Convert Tile column to Spark SQL Array, in row-major order. Float cell types will be coerced to integral type by flooring.

rf_tile_to_array_double

Array rf_tile_to_arry_double(Tile tile)

Convert tile column to Spark Array, in row-major order. Integral cell types will be coerced to floats.

rf_render_ascii

String rf_render_ascii(Tile tile)

Pretty print the tile values as plain text.

rf_render_matrix

String rf_render_matrix(Tile tile)

Render Tile cell values as numeric values, for debugging purposes.

rf_rgb_composite

Tile rf_rgb_composite(Tile red, Tile green, Tile blue)
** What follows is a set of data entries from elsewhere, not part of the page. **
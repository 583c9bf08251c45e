-- ===== src/Server/Appending/Committing.antt =====
-- The commit index that a follower takes over.
use cpp_raft.Base.{
  ltb, if◌then◌else◌, length, get_last?, drop, ℤ, ◌+ℤ◌, ◌<ℤ◌, pos, negsuc, ℕ, suc, ◌≤◌, ◌<◌, ◌≡◌,
  refl, ap, ◌∙◌, ◌⊎◌, inl, inr, some, [], ◌∷◌, arith,
}
use native.Mathlib.Numerals.{add-two}
use native.Mathlib.Decide.{dec_lt}
use mathlib.Core.Path.{ap₂, subst}
use cpp_raft.Outcome
use cpp_raft.Msg.{RaftEntry, MsgAppendEntries}
use cpp_raft.Log.{Log, log_get_from_idx, log_peektail}
use cpp_raft.Log.Laws.{get_from_idx-zero}
use cpp_raft.Server.State.{Server, returns, undefined}
use cpp_raft.Server.Applying.{apply_entry, apply_all, apply_fuel}
use cpp_raft.Server.Applying.Progress.{apply-beyond, handed, AppliedFrom, apply_all-end}
use cpp_raft.Server.Appending.{min_ℤ, follow_commit}

-- The server with both indices set, before the loop.
abbrev pub moved : ℤ → Server → Server
moved i s = record s { commit_idx = i; last_applied_idx = i }

follow-run :
    (ae : MsgAppendEntries) (s : Server) {e : RaftEntry}
    → s.commit_idx <ℤ ae.leader_commit
    → get_last? s.log ≡ some e
    → follow_commit ae s ≡ apply_all (apply_fuel s) (moved (min_ℤ e.id ae.leader_commit) s)
unfolding follow_commit log_peektail
follow-run ae s behind last = ground arith

abbrev pub smaller : ℕ → ℕ → ℕ
smaller a b = if ltb a b then a else b

min-pos : (a b : ℕ) → min_ℤ (pos a) (pos b) ≡ pos (smaller a b)
unfolding min_ℤ
min-pos a b = ground arith

-- Past the log there is nothing to apply; else all that follows position `m` is.
abbrev pub Followed : ℕ → Server → Server → Type 0
Followed m s t =
    ((length s.log < m) × (t ≡ moved (pos m) s))
    ⊎ ((m ≤ length s.log) × AppliedFrom m (moved (pos m) s) t)

apply_moved :
    (m : ℕ) (s : Server)
    → (t : Server) × (apply_all (apply_fuel s) (moved (pos m) s) ≡ returns tt t) × Followed m s t
unfolding apply_all
apply_moved m s = elim (dec_lt (length s.log) m) [
  | yes lt ↦ (
    moved (pos m) s,
    rw (add-two, apply_all, apply-beyond (moved (pos m) s) m refl (omega arith)),
    inl (lt, refl),
  )
  | no le ↦
      let (t, run, a) =
        apply_all-end (apply_fuel s) m (moved (pos m) s) refl (omega arith) (omega arith) in
      (t, run, inr (omega arith, a))
]

-- A follower that is behind the leader's commit index, and whose last entry has an id that is not
-- negative, takes over the smaller of the two as its commit index and as the last index applied,
-- and then applies every entry behind it.
pub follow_commit-end :
    (ae : MsgAppendEntries) (s : Server) (i c : ℕ) {e : RaftEntry}
    → s.commit_idx <ℤ ae.leader_commit
    → get_last? s.log ≡ some e
    → e.id ≡ pos i
    → ae.leader_commit ≡ pos c
    → (t : Server) × (follow_commit ae s ≡ returns tt t) × Followed (smaller i c) s t
follow_commit-end ae s i c {e} behind last id lead =
    let (t, run, f) = apply_moved (smaller i c) s in
    let idx : min_ℤ e.id ae.leader_commit ≡ pos (smaller i c) = ap₂ min_ℤ id lead ∙ min-pos i c in
    (
      t,
      follow-run ae s behind last ∙ ap (λ (j : ℤ). apply_all (apply_fuel s) (moved j s)) idx ∙ run,
      f,
    )

-- A follower that is behind the leader's commit index, which is not negative, does not apply the
-- entries up to it, and applies those behind it: where its log is longer than the leader has
-- committed, and its last id is no smaller, it ends with the whole log committed, past what the
-- leader has committed.
pub commits_past_leader :
    (ae : MsgAppendEntries) (s : Server) (i c : ℕ) {e : RaftEntry}
    → s.commit_idx <ℤ ae.leader_commit
    → get_last? s.log ≡ some e
    → e.id ≡ pos i
    → ae.leader_commit ≡ pos c
    → c ≤ i
    → c < length s.log
    → (t : Server) × (follow_commit ae s ≡ returns tt t)
      × (t.commit_idx ≡ pos (length s.log))
      × (ae.leader_commit <ℤ t.commit_idx)
      × (t.applied ≡ handed s (drop c s.log))
commits_past_leader ae s i c behind last id lead le lt =
    let (t, run, f) = follow_commit-end ae s i c behind last id lead in
    let m : smaller i c ≡ c = ground arith in
    elim (subst (λ (k : ℕ). Followed k s t) m f) [
      | inl (out, _) ↦ absurd (omega arith)
      | inr (_, a) ↦
          let end : t.commit_idx ≡ pos (length s.log) = ground (arith, a.only, a.reaches) in
          (t, run, end, ground arith, a.calls)
    ]

get_from_idx-undefined :
    (l : Log) {e : RaftEntry}
    → get_last? l ≡ some e
    → log_get_from_idx l (negsuc 0 +ℤ pos 1) ≡ Outcome.undefined
unfolding ◌+ℤ◌
get_from_idx-undefined [] h = ground arith
get_from_idx-undefined (x ∷ l) h = get_from_idx-zero x l

apply_all-undefined :
    (fuel : ℕ) (s : Server) {e : RaftEntry}
    → get_last? s.log ≡ some e
    → s.last_applied_idx ≡ negsuc 0
    → apply_all (suc fuel) s ≡ undefined
unfolding apply_all apply_entry
apply_all-undefined fuel s h k =
    let bad : log_get_from_idx s.log (s.last_applied_idx +ℤ pos 1) ≡ Outcome.undefined =
      ap (λ (i : ℤ). log_get_from_idx s.log (i +ℤ pos 1)) k ∙ get_from_idx-undefined s.log h in
    rw (apply_all, apply_entry, bad)

-- The last index applied can become -1, where the access at index 0 is undefined: an entry whose
-- 32-bit id is the largest, as last entry of the log, with any commit index of the leader that is
-- ahead of one that is not negative.
pub follow_commit-undefined :
    (ae : MsgAppendEntries) (s : Server) (k : ℕ) {e : RaftEntry}
    → s.commit_idx ≡ pos k
    → s.commit_idx <ℤ ae.leader_commit
    → get_last? s.log ≡ some e
    → e.id ≡ negsuc 0
    → follow_commit ae s ≡ undefined
unfolding min_ℤ
follow_commit-undefined ae s k {e} behind lead last id =
    let idx : min_ℤ e.id ae.leader_commit ≡ negsuc 0 = ground arith in
    follow-run ae s lead last
    ∙ ap (λ (j : ℤ). apply_all (apply_fuel s) (moved j s)) idx
    ∙ rw add-two (apply_all-undefined (suc (length s.log)) (moved (negsuc 0) s) last refl)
Merges three bands into a single byte-packed RGB composite. It first scales each cell to fit into an unsigned byte, in the range 0-255, and then merges all three channels to fit into a 32-bit unsigned integer. This is useful when you want an RGB tile to render or to process with other color imagery tools.

rf_render_png

Array rf_render_png(Tile red, Tile green, Tile blue)

Runs rf_rgb_composite on the given tile columns and then encodes the result as a PNG byte array.